For each line of the data that includes the word "absurd", copy the line.

····················

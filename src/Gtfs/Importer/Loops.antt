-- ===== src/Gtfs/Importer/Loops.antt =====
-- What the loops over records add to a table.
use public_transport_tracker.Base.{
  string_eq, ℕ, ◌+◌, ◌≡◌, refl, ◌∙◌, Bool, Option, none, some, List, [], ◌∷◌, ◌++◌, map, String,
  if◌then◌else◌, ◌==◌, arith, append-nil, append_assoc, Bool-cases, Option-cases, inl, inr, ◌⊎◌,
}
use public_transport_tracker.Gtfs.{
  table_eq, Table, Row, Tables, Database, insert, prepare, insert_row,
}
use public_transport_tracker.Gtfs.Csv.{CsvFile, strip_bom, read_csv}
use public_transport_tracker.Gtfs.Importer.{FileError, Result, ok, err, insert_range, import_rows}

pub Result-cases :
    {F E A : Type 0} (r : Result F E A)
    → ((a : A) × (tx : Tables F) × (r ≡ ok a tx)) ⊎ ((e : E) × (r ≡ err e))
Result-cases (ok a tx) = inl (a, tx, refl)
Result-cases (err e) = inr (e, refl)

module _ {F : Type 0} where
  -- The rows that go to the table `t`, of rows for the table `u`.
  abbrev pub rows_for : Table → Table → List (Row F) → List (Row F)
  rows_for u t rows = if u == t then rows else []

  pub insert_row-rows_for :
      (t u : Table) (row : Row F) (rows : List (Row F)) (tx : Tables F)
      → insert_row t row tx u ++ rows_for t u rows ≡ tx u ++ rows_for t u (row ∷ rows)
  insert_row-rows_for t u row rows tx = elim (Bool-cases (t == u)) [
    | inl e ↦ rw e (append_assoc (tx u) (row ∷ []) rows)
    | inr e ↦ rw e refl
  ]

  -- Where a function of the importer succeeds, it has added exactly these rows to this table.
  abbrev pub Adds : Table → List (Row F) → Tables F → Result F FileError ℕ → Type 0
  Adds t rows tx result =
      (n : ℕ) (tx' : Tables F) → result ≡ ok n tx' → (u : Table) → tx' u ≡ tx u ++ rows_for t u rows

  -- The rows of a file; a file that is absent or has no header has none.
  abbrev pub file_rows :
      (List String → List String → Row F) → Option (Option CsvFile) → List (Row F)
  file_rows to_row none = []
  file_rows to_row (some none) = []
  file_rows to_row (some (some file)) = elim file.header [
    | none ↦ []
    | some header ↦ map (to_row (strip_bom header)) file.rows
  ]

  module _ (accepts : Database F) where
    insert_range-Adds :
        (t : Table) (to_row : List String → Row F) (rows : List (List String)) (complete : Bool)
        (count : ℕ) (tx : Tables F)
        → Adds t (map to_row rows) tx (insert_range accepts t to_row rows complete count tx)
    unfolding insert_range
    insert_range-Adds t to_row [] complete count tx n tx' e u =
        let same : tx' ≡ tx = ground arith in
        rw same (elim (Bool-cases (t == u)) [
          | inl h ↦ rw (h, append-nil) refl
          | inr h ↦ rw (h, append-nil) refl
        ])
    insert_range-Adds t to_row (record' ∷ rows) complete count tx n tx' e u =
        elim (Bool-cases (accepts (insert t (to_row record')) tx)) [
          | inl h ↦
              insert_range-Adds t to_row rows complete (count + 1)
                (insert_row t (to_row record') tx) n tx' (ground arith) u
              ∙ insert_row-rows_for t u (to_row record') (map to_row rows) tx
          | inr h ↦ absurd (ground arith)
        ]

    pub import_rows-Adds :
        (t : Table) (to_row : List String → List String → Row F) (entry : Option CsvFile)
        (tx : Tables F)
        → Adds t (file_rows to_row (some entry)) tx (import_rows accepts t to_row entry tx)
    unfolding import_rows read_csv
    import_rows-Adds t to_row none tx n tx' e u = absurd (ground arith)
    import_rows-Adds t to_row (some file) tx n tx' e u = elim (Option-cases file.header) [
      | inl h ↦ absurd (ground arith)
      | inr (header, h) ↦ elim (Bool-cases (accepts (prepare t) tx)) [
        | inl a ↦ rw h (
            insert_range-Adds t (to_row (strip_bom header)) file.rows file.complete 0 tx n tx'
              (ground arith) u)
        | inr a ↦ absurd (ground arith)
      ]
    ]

····················

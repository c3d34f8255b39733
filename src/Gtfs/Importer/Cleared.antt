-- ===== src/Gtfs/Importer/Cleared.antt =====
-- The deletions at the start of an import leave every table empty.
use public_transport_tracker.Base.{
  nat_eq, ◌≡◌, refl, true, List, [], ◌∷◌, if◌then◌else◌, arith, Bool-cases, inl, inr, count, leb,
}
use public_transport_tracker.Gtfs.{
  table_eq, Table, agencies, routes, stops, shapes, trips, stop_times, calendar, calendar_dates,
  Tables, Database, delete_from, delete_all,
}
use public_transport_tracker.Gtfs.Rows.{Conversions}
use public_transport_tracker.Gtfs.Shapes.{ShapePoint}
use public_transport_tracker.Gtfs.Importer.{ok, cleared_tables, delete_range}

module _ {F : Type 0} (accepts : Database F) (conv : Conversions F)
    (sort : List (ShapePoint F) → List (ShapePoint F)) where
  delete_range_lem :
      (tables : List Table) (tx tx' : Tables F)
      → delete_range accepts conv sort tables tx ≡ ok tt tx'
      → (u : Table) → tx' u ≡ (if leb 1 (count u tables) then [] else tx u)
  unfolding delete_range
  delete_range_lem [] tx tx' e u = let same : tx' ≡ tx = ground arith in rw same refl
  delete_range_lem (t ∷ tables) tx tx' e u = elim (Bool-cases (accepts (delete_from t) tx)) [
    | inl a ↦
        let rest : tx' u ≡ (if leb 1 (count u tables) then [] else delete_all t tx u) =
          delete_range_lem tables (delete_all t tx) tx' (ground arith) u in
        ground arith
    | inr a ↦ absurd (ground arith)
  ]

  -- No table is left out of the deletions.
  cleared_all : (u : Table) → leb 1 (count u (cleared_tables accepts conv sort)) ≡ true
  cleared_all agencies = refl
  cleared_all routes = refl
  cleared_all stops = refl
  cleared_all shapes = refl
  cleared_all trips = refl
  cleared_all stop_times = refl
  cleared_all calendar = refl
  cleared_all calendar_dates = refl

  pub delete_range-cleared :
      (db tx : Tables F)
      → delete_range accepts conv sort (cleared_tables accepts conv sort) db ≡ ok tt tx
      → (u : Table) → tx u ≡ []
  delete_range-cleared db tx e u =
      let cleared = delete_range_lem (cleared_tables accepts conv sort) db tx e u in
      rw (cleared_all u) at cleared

····················

> **Exercise result**
          | inr h ↦ absurd (ground arith)
    import_rows-Adds t to_row none tx n tx' e u = absurd (ground arith)
      | inl h ↦ absurd (ground arith)
        | inr a ↦ absurd (ground arith)
    | inr a ↦ absurd (ground arith)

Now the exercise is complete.